Pendant ce temps, les hospitalisations dans la région de la baie pour COVID-19 ont augmenté de 22% au cours des deux dernières semaines, à 771, selon les données de l'État publiées mardi.

Le nombre de patients hospitalisés à San Francisco a atteint un niveau record de 101.

Dans le comté d'Alameda, 198 personnes ont été hospitalisées, dont 10 envoyées à l'hôpital mardi.

Alors que les cas dans la région de la baie dépassaient les 50 000, le comté de San Mateo s'est démarqué avec 5 198 personnes infectées – dont 79 nouveaux cas mardi. C’est important parce que le comté de Peninsula est le seul de la région de la baie à ne pas figurer sur la liste de surveillance de l’État, qui est basée sur la hausse des cas de coronavirus et des hospitalisations.

La hausse du nombre de cas en Californie – avec une moyenne de 8477 nouveaux cas par jour ce mois-ci des gymnases, des centres commerciaux et des lieux de culte pour comtés sur la liste de surveillance

Mardi, 36 des 58 comtés de Californie figuraient sur la liste de surveillance.

La superviseure du comté de Contra Costa, Diane Burgis, a déclaré que la raison était simple que son comté avait décidé de se joindre à ceux qui citeraient et infligeraient des amendes aux personnes qui ne respectent pas les règles.

« Nous essayons de maîtriser le COVID et nous avons besoin que les gens mettent leurs masques », dit-elle.

Il y a cependant de l'espoir, car le rythme de l'infection semble avoir ralenti dans de nombreux endroits au cours de la semaine dernière.

« Dans l'ensemble, le taux de hausse commence à diminuer et, dans certaines régions de Californie, s'aplatit », a déclaré Ghaly.

Le comté de Marin, qui a été aux prises avec une éruption de cas à la prison d'État de San Quentin, a vu les cas de COVID-19 et les hospitalisations chuter.

Le Dr Lisa Santora, responsable adjoint de la santé publique à Marin, a déclaré que le nombre d'hospitalisations était en baisse et qu'elle s'attend à une réduction continue des nouveaux cas dans tout le comté.

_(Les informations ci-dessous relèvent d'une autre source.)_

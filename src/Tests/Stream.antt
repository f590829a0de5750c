-- ===== src/Tests/Stream.antt =====
-- A case of the stream's theorem.
use katalog_manager.Base.{◌≤◌, ◌≡◌, true, Option, some, List, [], ◌∷◌, ◌++◌, length, get_elem?}
use katalog_manager.Base.Text.{Text, codes}
use katalog_manager.Stream.{
  Note, Client, Action, publishes, subscribes, unsubscribes, receives, subscribe, run, published,
  Broker,
}
use katalog_manager.Stream.Order.{run-subscribe}

abbrev item_only : Note → Option Text
item_only n = some n.item

abbrev note : Note
note = record {
  kind = [];
  item = codes "film";
  item_type = codes "movie";
  phase = codes "enriched";
}

abbrev actions : List Action
actions = publishes note ∷ subscribes ∷ receives 0 ∷ publishes note ∷ unsubscribes 1 ∷ []

abbrev none_yet : Broker
none_yet = []

run-subscribe_example :
    (c : Client) × (get_elem? (run item_only actions (subscribe none_yet)) 0 ≡ some c)
    × (c.subscribed ≡ true → published item_only actions ≡ c.written ++ c.buffer)
    × ((rest : List Text) × (published item_only actions ≡ (c.written ++ c.buffer) ++ rest))
    × (length c.buffer ≤ 16)
run-subscribe_example = run-subscribe item_only none_yet actions
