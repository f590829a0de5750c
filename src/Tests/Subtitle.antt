-- ===== src/Tests/Subtitle.antt =====
-- Cases of the theorems on a subtitle's times, and a run past int64.
use katalog_manager.Base.{◌-◌, ◌^◌, ◌≡◌, refl, some, arith}
use katalog_manager.Base.Text.{codes}
use katalog_manager.Subtitle.Time.{millis, stamp}
use katalog_manager.Subtitle.Time.Stamp.{millis-stamp}

millis-stamp_example : millis (stamp 3723004) ≡ some 3723004
millis-stamp_example = millis-stamp 3723004 (omega arith)

stamp_written : stamp 3723004 ≡ codes "01:02:03.004"
unfolding stamp
stamp_written = refl

-- More hours than int64 has milliseconds for are written as a time below 0.
millis_past : millis (codes "2562047788016:00:00.000") ≡ some (2 ^ 64 - 9223372036851951616)
unfolding millis
millis_past = refl

stamp_past : stamp (2 ^ 64 - 9223372036851951616) ≡ codes "-2562047788014:-25:-51.-616"
unfolding stamp
stamp_past = refl
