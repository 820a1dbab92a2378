-- ===== src/Storage.antt =====
-- The append-only storage engine, internal/repo/core.
pub mod Crc
pub mod Domains
pub mod Frame
pub mod Header
pub mod Snapshot
pub mod Engine
pub mod Disk
pub mod Tail
pub mod Write
pub mod Delete
pub mod Read
pub mod Recovery
pub mod Ready
pub mod Store
pub mod Compact
pub mod Lifecycle
pub mod Fresh
pub mod View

« Nous voyons les hospitalisations s'aplatir », a déclaré Santora. « Nous avons constaté une activité accrue au début de juin grâce à certaines manifestations et rassemblements personnels. J'ai bon espoir, alors que les résidents ont vu ces augmentations des taux (en raison de) la fréquentation des familles et des grands rassemblements, ils reconsidèrent cela.  »

Mais les responsables de la santé disent que la Californie est loin d'être sortie du bois.

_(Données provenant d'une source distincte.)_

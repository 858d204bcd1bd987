-- ===== src/Web/Examples.antt =====
-- A file with two equal addresses, a pool of two requests, the label of a started stream and an escaped
-- text.
use sms_app.Base.{
  ◌+◌, ◌*◌, ◌≤◌, max, String, true, false, none, some, List, [], ◌∷◌, ◌≡◌, refl, arith, length,
  count_by, nat_same, codes,
}
use sms_app.Web.Import.{
  Host, CameraRow, pull, Dialog, DialogEvent, stream_url, loaded, cell_edited, existing_loaded,
  handle_all,
}
use sms_app.Web.Import.Clean.{IsClean, handle_all-IsClean}
use sms_app.Web.Bulk.{
  worker_count, Pool, rejected, take_item, leave, settle, Reach, here, next, start,
}
use sms_app.Web.Bulk.Runners.{in_flight_bounds, every_item_settles}
use sms_app.Web.Bulk.Ends.{CanEnd, moves, runners_end}
use sms_app.Web.Labels.{Entry}
use sms_app.Web.Texts.{escape_html}
use sms_app.Web.Texts.Escape.{is_safe, shown, escape_html_lem}

abbrev host : Host
host = record { trim = λ s. s; lower = λ s. s; host_of = λ s. some "h"; is_number = λ s. true }

abbrev row : String → String → CameraRow
row name url = record {
  name = name;
  stream_url = url;
  tags = "";
  description = "";
  latitude = "";
  longitude = "";
  errors = [];
  duplicate = false;
  duplicate_reason = none;
  duplicate_field = none;
  ingest_mode = pull;
}

abbrev empty : Dialog
empty = record { rows = []; existing_urls = "rtsp://h/old" ∷ []; existing_names = [] }

abbrev events : List DialogEvent
events =
    loaded (row "Gate" "rtsp://h/1" ∷ row "Door" "rtsp://h/1" ∷ row "Yard" "rtsp://h/old" ∷ [])
    ∷ cell_edited 1 stream_url "rtsp://h/2"
    ∷ existing_loaded ("rtsp://h/2" ∷ []) []
    ∷ []

handle_all-IsClean_example : IsClean host (handle_all host events empty)
handle_all-IsClean_example = handle_all-IsClean host events empty (tt, refl)

abbrev one_left : Pool
one_left = record { cursor = 1; ready = 0; in_flight = 0 ∷ []; returned = 0; results = [] }

abbrev all_done : Pool
all_done = record {
  cursor = 2;
  ready = 0;
  in_flight = [];
  returned = 1;
  results = (0, rejected "no") ∷ [];
}

first_turn : Reach 1 (start 4 1) one_left
first_turn = next here (take_item (start 4 1) 0 refl (omega arith))

in_flight_bounds_example : (length one_left.in_flight ≤ max 4 1) × (length one_left.in_flight ≤ 1)
in_flight_bounds_example = in_flight_bounds 4 1 one_left first_turn

all_turns : Reach 1 (start 4 1) all_done
all_turns = next (next first_turn (settle one_left 0 (rejected "no") refl)) (
    leave
      (record {
        cursor = 1;
        ready = 1;
        in_flight = [];
        returned = 0;
        results = (0, rejected "no") ∷ [];
      })
      0 refl (omega arith))

every_item_settles_example : count_by (λ r. nat_same 0 r.0) all_done.results ≡ 1
every_item_settles_example = every_item_settles 4 1 all_done 0 all_turns (refl, refl) (omega arith)

runners_end_example : CanEnd 1 all_done × (moves all_turns ≤ 2 * 1 + worker_count 4 1)
runners_end_example = runners_end 4 1 all_turns

abbrev camera : String
camera = "0f8fad5b-d9cb-469f-a165-70867728950e"

abbrev started : Entry
started = record {
  method = "POST";
  path = "/api/cameras/0f8fad5b-d9cb-469f-a165-70867728950e/stream/start";
  action = "create";
  details = none;
}

escape_html_lem_example :
    (is_safe (escape_html (codes "<a href='x'>")) ≡ true)
    × (shown (length (escape_html (codes "<a href='x'>"))) (escape_html (codes "<a href='x'>"))
        ≡ codes "<a href='x'>")
escape_html_lem_example = escape_html_lem (codes "<a href='x'>")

Le département de la santé publique de Californie a déclaré que le taux de tests positifs en Californie – considéré comme un indicateur clé de la propagation de la communauté – était de 7,5% au cours des 14 derniers jours et a tendance à augmenter. L'objectif est de réduire le taux de test positif à 5% ou moins. Le sommet était de 49,8% en avril.

Une partie de l'augmentation des tests positifs pourrait être le résultat de davantage de tests, ont déclaré des responsables de la santé. C’est pourquoi les responsables de l’État utilisent la moyenne sur 14 jours pour déterminer dans quelle mesure le coronavirus se propage.

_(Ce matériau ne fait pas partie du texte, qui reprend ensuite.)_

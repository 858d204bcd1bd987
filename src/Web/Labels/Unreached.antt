-- ===== src/Web/Labels/Unreached.antt =====
-- The labels of the requests that the bulk actions make.
use Prim.Native.String
use sms_app.Base.{String, true, false, Option, none, List, [], ◌∷◌, map, ◌≡◌, refl, string_eq}
use sms_app.Playback.Keys.{split_path}
use sms_app.Web.Bulk.{
  BulkVerb, start_stream, start_recording, stop_stream, stop_recording, enter_maintenance,
  exit_maintenance, delete_camera, action,
}
use sms_app.Web.Labels.{
  Details, Entry, Label, is_uuid, trimmed, normalize_path, signature, label_of, label_or_fallback,
  derive_action_label, join_path, wild,
}

-- The segments of the address of a request.
abbrev pub segments_of : BulkVerb → String → List String
segments_of start_stream id = "" ∷ "api" ∷ "cameras" ∷ id ∷ "stream" ∷ "start" ∷ []
segments_of start_recording id = "" ∷ "api" ∷ "recordings" ∷ "start" ∷ []
segments_of stop_stream id = "" ∷ "api" ∷ "cameras" ∷ id ∷ "stream" ∷ "stop" ∷ []
segments_of stop_recording id = "" ∷ "api" ∷ "recordings" ∷ "stop" ∷ []
segments_of enter_maintenance id = "" ∷ "api" ∷ "cameras" ∷ id ∷ "maintenance" ∷ []
segments_of exit_maintenance id = "" ∷ "api" ∷ "cameras" ∷ id ∷ "maintenance" ∷ []
segments_of delete_camera id = "" ∷ "api" ∷ "cameras" ∷ id ∷ []

abbrev pub expected_label : BulkVerb → String → Label
expected_label delete_camera action = record { label = "Deleted"; is_fallback = false }
expected_label other action = record { label = action; is_fallback = true }

normalize_path-verb :
    (verb : BulkVerb) (id path : String)
    → split_path (trimmed path) ≡ segments_of verb id
    → is_uuid id ≡ true
    → normalize_path path ≡ join_path (map wild (segments_of verb id))
unfolding normalize_path
normalize_path-verb verb id path s u = rw s refl

verb_label :
    (verb : BulkVerb) (id method : String) (d : Option Details)
    → is_uuid id ≡ true
    → method ≡ (action verb id none).method
    → (name : String)
    → label_or_fallback name (
        label_of d
          (String.◌++◌ method (String.◌++◌ " " (join_path (map wild (segments_of verb id))))))
      ≡ expected_label verb name
unfolding label_of action is_uuid
verb_label start_stream id method d u m name = rw (m, u) refl
verb_label start_recording id method d u m name = rw m refl
verb_label stop_stream id method d u m name = rw (m, u) refl
verb_label stop_recording id method d u m name = rw m refl
verb_label enter_maintenance id method d u m name = rw (m, u) refl
verb_label exit_maintenance id method d u m name = rw (m, u) refl
verb_label delete_camera id method d u m name = rw (m, u) refl

-- An audit entry with the method of a bulk action's request and an address whose segments are the
-- request's, for a camera whose id is a UUID, gets the label "Deleted" for a deletion; for every other
-- action it falls back to the raw action: the rules for streams, recordings and maintenance match none of
-- the requests.
pub bulk_requests_unlabelled :
    (upper : String → String) (verb : BulkVerb) (id : String) (e : Entry)
    → is_uuid id ≡ true
    → upper e.method ≡ (action verb id none).method
    → split_path (trimmed e.path) ≡ segments_of verb id
    → derive_action_label upper e ≡ expected_label verb e.action
unfolding derive_action_label signature
bulk_requests_unlabelled upper verb id e u m s =
    rw (normalize_path-verb verb id e.path s u)
      (verb_label verb id (upper e.method) e.details u m e.action)
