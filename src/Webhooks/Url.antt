-- ===== src/Webhooks/Url.antt =====
-- apps/api/src/webhooks/webhook-url.validator.ts. `new URL` and the resolver of host names are
-- parameters: `none` where they throw.
pub mod Ranges
use sms_app.Base.{
  ℕ, String, Bool, true, false, ◌||◌, Option, none, some, List, [], ◌∷◌, ◌==◌, string_eq,
  if◌then◌else◌, contains, map, codes, is_prefix, same_codes, Result, ok, err, bad_request, require,
  found, ◌>>=◌, ◌>>◌, not,
}

pub record Address : Type 0 where
  pub protocol : String
  pub hostname : String

abbrev pub private_prefixes : List String
private_prefixes =
    "10." ∷ "172.16." ∷ "172.17." ∷ "172.18." ∷ "172.19." ∷ "172.20." ∷ "172.21." ∷ "172.22."
    ∷ "172.23." ∷ "172.24." ∷ "172.25." ∷ "172.26." ∷ "172.27." ∷ "172.28." ∷ "172.29." ∷ "172.30."
    ∷ "172.31." ∷ "192.168." ∷ "169.254." ∷ []

abbrev pub starts_with_some : List (List ℕ) → List ℕ → Bool
starts_with_some [] ip = false
starts_with_some (p ∷ ps) ip = is_prefix p ip || starts_with_some ps ip

abbrev pub is_private_codes : List ℕ → Bool
is_private_codes ip =
    starts_with_some (map codes private_prefixes) ip
    || (same_codes (codes "127.0.0.1") ip || same_codes (codes "0.0.0.0") ip)

unfoldable pub is_private_ip : String → Bool
is_private_ip ip = is_private_codes (codes ip)

abbrev pub blocked : List String
blocked = "localhost" ∷ "127.0.0.1" ∷ "0.0.0.0" ∷ "::1" ∷ "[::1]" ∷ []

-- A name that does not resolve is allowed.
abbrev pub resolved_check : Option String → Result (Unit {0})
resolved_check none = ok tt
resolved_check (some ip) =
    require (not (is_private_ip ip))
      (bad_request "Webhook URL cannot resolve to a private IP address")

unfoldable pub validate_webhook_url :
    (parse : String → Option Address) (resolve : String → Option String)
    → String
    → Result (Unit {0})
unfolding is_private_ip
validate_webhook_url parse resolve url =
    found (parse url) (bad_request "Invalid URL format") >>= λ a.
    require (a.protocol == "https:") (bad_request "Webhook URL must use HTTPS")
    >> require (not (contains blocked a.hostname))
        (bad_request "Webhook URL cannot point to localhost")
    >> resolved_check (resolve a.hostname)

La Californie a récemment dépassé New York en termes de nombre de cas par État. La moyenne des nouveaux cas en Californie sur sept jours est de 9 397 par jour, a déclaré Ghaly. Cela représente une augmentation de 2,3% par rapport à la semaine précédente. La moyenne des décès sur sept jours est de 108 par jour, soit une augmentation de près de 19% par rapport à la semaine précédente.

Ghaly a déclaré que la vallée centrale avait été plus durement touchée que tout autre endroit en Californie, la plupart des comtés signalant une augmentation du nombre de cas et d'hospitalisations.

« Nous constatons certains des taux les plus élevés de positivité des tests dans la vallée centrale », a-t-il déclaré, ajoutant que l'État se concentrera intensément sur cette région au cours des six prochaines semaines, travaillant avec les comtés et les agences locales pour augmenter les tests et fournir plus de ressources, en particulier pour la communauté latino.